EXERCISE
When you find the line with "prices hs) ≡ none" among the records below, reproduce it and each line after it exactly, ending with the line with "o h) (month_prices month db))".

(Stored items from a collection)
· · · · ·

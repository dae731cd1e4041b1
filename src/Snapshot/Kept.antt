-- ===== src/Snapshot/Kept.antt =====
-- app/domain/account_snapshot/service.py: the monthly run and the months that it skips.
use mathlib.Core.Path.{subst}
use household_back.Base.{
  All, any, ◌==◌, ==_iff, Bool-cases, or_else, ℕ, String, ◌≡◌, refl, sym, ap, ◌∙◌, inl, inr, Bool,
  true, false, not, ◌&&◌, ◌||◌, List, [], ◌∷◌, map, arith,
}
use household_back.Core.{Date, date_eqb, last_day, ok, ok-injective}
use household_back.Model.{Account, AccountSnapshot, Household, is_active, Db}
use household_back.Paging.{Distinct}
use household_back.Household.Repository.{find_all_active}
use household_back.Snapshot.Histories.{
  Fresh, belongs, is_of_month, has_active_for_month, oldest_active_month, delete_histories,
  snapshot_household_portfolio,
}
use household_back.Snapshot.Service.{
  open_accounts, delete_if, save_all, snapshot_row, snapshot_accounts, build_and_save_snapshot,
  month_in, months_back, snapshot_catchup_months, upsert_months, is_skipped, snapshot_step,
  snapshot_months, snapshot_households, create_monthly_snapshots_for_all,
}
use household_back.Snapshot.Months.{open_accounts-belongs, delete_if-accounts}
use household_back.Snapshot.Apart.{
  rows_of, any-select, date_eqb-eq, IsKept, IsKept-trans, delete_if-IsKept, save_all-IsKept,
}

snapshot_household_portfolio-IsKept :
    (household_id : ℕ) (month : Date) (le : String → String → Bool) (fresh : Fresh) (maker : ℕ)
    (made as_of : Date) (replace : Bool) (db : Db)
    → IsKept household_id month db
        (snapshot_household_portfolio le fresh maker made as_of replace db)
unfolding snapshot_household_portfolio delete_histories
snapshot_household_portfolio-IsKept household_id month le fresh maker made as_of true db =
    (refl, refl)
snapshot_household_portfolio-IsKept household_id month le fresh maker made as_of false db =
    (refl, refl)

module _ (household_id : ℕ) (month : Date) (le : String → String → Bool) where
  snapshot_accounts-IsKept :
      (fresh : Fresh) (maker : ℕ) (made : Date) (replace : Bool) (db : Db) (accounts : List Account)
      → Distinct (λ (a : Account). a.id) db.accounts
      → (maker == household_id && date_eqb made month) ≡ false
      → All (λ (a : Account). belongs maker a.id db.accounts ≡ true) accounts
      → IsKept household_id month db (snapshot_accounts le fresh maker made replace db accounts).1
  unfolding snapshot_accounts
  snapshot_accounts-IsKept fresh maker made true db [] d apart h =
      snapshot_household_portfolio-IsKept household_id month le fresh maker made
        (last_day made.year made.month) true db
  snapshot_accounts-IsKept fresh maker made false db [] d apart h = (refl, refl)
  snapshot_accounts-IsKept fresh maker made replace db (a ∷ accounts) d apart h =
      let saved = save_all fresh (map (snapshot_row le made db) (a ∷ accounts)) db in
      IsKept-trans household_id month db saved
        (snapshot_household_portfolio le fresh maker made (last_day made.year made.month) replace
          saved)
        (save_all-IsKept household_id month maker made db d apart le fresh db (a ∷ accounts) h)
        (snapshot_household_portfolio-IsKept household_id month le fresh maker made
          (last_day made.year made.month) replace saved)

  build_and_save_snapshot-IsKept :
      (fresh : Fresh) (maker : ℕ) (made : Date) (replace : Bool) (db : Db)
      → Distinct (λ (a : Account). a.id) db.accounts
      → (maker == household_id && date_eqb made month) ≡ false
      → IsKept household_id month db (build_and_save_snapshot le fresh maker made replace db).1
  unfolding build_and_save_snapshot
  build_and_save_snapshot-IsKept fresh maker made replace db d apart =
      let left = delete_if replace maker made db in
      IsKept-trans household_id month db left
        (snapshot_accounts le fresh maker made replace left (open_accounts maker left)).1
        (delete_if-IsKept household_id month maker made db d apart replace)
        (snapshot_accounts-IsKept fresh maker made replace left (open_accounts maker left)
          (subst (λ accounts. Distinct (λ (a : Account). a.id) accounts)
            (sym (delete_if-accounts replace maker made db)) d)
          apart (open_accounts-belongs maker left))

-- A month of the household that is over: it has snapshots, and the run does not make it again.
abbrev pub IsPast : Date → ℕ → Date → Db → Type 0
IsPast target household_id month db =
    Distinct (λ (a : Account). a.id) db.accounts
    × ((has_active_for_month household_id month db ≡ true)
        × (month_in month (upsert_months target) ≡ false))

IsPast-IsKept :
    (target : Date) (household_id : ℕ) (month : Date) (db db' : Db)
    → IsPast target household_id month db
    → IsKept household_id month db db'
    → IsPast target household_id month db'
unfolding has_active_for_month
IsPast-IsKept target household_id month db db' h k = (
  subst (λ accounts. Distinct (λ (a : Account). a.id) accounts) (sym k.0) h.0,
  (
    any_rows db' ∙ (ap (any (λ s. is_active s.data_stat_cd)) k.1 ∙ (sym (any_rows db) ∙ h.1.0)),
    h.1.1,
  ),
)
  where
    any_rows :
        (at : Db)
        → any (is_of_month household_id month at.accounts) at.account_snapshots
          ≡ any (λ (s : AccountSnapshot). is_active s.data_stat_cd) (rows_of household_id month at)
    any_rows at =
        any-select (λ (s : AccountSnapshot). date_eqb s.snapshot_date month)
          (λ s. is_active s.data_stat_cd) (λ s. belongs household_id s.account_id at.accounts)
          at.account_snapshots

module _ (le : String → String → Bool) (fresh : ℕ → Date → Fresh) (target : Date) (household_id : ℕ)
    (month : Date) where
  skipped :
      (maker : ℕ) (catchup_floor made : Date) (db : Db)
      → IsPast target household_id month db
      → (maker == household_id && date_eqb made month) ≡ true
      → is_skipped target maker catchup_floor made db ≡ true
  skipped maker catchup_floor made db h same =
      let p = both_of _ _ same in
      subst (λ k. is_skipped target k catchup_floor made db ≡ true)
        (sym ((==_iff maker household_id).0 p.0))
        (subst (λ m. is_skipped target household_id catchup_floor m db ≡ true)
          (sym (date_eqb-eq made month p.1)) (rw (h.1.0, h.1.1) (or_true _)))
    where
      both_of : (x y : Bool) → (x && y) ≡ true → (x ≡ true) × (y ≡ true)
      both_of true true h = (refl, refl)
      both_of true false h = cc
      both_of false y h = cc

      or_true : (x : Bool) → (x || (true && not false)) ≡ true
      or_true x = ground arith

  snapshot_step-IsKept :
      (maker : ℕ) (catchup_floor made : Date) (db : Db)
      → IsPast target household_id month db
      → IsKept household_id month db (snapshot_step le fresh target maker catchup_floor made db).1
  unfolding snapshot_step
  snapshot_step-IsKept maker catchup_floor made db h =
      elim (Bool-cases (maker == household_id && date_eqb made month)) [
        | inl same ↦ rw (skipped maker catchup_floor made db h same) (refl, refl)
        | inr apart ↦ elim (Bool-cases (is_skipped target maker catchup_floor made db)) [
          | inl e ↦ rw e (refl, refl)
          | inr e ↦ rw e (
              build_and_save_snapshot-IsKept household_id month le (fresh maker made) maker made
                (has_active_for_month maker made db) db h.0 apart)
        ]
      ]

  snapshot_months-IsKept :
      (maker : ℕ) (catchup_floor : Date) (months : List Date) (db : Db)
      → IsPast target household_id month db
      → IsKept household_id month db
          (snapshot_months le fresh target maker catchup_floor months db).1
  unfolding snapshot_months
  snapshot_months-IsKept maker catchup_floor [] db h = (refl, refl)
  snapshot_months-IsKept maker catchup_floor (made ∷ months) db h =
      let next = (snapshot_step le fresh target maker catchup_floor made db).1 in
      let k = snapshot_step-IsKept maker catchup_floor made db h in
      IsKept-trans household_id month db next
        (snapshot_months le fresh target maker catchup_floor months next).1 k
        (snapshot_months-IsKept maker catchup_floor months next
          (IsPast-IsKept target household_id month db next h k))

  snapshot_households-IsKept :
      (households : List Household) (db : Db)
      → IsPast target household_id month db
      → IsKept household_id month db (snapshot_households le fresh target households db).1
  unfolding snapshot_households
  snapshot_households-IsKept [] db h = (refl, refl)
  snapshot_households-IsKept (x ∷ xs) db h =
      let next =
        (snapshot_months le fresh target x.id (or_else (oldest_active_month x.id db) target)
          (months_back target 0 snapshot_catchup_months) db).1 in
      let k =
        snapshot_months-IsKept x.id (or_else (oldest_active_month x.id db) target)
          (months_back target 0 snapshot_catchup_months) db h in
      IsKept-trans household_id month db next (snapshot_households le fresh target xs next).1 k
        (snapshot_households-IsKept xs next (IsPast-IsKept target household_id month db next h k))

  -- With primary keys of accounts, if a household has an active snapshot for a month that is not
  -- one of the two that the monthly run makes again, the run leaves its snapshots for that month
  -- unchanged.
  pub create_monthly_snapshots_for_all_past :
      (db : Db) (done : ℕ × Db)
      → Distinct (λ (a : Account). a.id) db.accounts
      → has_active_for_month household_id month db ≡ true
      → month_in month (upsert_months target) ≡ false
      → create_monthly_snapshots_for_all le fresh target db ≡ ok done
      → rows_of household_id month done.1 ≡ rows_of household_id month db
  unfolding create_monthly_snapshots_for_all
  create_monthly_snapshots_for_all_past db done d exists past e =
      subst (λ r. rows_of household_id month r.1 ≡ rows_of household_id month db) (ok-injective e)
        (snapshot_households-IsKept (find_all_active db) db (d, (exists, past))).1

· · · · ·

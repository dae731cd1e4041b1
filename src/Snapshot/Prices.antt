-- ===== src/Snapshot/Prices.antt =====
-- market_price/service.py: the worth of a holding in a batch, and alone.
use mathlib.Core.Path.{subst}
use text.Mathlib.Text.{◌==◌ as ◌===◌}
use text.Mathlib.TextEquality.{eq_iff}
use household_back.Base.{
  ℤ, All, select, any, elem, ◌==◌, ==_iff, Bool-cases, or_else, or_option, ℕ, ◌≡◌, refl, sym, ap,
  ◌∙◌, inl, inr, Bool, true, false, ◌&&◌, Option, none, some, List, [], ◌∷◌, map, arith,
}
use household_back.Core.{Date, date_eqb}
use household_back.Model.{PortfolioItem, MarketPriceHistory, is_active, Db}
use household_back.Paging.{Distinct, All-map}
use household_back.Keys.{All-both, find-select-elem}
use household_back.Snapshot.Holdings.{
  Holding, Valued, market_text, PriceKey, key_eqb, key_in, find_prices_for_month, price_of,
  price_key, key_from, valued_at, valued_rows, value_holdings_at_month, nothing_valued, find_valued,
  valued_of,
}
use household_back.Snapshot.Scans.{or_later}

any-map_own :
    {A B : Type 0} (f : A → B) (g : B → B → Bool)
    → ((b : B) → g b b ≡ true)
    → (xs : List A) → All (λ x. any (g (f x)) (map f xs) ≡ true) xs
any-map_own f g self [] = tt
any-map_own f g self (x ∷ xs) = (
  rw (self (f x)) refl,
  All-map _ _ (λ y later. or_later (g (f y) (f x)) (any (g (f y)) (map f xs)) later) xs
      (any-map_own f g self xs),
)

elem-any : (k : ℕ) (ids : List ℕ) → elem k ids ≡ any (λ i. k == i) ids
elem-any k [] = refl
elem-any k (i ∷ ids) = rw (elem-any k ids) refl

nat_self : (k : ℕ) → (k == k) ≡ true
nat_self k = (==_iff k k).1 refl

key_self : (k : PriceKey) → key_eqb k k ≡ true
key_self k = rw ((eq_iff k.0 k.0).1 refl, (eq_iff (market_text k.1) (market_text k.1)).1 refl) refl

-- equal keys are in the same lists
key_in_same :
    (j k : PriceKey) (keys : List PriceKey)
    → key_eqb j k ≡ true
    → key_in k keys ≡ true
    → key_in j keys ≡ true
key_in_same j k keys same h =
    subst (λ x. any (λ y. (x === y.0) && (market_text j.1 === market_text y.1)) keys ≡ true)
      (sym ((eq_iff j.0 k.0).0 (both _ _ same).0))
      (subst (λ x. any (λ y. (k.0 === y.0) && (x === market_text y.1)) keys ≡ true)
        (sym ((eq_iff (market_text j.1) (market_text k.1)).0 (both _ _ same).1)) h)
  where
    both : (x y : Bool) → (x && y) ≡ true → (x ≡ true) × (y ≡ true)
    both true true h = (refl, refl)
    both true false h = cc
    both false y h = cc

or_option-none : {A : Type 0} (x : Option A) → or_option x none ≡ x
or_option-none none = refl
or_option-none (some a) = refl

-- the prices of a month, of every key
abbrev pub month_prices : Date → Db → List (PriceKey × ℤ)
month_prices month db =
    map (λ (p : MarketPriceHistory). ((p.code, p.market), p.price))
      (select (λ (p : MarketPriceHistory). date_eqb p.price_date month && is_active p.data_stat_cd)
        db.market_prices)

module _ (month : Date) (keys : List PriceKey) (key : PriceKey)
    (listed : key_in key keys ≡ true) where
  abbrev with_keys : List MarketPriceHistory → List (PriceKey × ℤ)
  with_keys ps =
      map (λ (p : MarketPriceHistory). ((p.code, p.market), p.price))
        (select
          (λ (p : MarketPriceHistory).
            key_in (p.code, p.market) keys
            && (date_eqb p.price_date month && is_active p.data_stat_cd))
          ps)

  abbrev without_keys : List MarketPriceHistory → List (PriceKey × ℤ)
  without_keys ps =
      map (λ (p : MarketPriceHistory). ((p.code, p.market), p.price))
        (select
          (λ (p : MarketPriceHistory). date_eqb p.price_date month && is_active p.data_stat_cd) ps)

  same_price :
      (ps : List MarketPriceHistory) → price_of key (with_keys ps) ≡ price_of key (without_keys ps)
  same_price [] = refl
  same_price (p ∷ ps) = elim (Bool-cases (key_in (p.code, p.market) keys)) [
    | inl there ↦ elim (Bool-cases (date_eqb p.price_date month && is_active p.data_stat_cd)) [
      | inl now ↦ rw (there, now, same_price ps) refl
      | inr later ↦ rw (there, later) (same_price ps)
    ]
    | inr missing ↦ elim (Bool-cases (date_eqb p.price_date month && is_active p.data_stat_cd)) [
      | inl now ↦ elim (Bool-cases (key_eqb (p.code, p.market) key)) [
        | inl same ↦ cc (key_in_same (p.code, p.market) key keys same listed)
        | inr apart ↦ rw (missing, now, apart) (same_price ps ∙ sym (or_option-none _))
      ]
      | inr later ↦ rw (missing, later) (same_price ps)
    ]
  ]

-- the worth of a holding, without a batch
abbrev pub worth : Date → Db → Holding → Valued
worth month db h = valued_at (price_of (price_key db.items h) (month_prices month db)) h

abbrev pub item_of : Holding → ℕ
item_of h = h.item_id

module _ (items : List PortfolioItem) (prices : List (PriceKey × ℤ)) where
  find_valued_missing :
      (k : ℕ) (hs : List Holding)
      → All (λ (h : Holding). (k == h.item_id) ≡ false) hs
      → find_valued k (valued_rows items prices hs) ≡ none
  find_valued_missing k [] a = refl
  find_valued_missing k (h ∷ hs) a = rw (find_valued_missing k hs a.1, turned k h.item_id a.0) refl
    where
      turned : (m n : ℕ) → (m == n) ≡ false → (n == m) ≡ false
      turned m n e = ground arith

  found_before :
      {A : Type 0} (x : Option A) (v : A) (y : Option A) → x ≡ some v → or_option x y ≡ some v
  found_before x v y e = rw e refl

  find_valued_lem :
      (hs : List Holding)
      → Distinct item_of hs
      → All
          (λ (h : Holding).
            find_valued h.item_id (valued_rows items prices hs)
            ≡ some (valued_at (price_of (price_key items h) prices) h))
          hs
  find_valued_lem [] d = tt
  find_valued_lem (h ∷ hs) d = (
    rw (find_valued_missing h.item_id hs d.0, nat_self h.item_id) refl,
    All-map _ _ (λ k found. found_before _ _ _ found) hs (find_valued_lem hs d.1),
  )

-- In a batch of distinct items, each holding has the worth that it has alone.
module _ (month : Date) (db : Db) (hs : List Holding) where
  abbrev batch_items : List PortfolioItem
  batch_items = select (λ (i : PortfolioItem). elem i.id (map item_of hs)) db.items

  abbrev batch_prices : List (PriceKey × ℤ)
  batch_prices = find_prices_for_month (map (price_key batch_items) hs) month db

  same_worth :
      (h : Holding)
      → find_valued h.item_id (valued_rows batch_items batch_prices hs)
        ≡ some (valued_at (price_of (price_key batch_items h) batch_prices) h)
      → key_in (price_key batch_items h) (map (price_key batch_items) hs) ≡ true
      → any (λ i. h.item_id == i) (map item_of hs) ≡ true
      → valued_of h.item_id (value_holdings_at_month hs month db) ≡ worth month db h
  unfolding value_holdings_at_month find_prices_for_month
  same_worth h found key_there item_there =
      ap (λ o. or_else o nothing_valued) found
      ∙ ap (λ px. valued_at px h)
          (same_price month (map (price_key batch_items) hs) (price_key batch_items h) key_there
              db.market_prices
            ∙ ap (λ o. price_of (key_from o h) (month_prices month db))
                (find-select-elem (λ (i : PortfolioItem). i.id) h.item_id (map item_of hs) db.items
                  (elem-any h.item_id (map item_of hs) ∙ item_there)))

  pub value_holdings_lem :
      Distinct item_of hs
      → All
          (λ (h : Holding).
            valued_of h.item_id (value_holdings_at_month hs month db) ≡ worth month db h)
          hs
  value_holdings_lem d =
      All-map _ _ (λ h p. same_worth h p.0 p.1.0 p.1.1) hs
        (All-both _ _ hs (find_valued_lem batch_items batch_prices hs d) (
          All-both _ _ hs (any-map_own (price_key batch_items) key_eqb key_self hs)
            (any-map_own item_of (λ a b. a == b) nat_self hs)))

· · · · ·

RESPONSE AREA
      → find_valued k (valued_rows items prices hs) ≡ none
  find_valued_missing k [] a = refl
  find_valued_missing k (h ∷ hs) a = rw (find_valued_missing k hs a.1, turned k h.item_id a.0) refl
    where
      turned : (m n : ℕ) → (m == n) ≡ false → (n == m) ≡ false
      turned m n e = ground arith

  found_before :
      {A : Type 0} (x : Option A) (v : A) (y : Option A) → x ≡ some v → or_option x y ≡ some v
  found_before x v y e = rw e refl

  find_valued_lem :
      (hs : List Holding)
      → Distinct item_of hs
      → All
          (λ (h : Holding).
            find_valued h.item_id (valued_rows items prices hs)
            ≡ some (valued_at (price_of (price_key items h) prices) h))
          hs
  find_valued_lem [] d = tt
  find_valued_lem (h ∷ hs) d = (
    rw (find_valued_missing h.item_id hs d.0, nat_self h.item_id) refl,
    All-map _ _ (λ k found. found_before _ _ _ found) hs (find_valued_lem hs d.1),
  )

-- In a batch of distinct items, each holding has the worth that it has alone.
module _ (month : Date) (db : Db) (hs : List Holding) where
  abbrev batch_items : List PortfolioItem
  batch_items = select (λ (i : PortfolioItem). elem i.id (map item_of hs)) db.items

  abbrev batch_prices : List (PriceKey × ℤ)
  batch_prices = find_prices_for_month (map (price_key batch_items) hs) month db

  same_worth :
      (h : Holding)
      → find_valued h.item_id (valued_rows batch_items batch_prices hs)
        ≡ some (valued_at (price_of (price_key batch_items h) batch_prices) h)
      → key_in (price_key batch_items h) (map (price_key batch_items) hs) ≡ true
      → any (λ i. h.item_id == i) (map item_of hs) ≡ true
      → valued_of h.item_id (value_holdings_at_month hs month db) ≡ worth month db h
  unfolding value_holdings_at_month find_prices_for_month
  same_worth h found key_there item_there =
      ap (λ o. or_else o nothing_valued) found
      ∙ ap (λ px. valued_at px h)
          (same_price month (map (price_key batch_items) hs) (price_key batch_items h) key_there
              db.market_prices
            ∙ ap (λ o. price_of (key_from o h) (month_prices month db))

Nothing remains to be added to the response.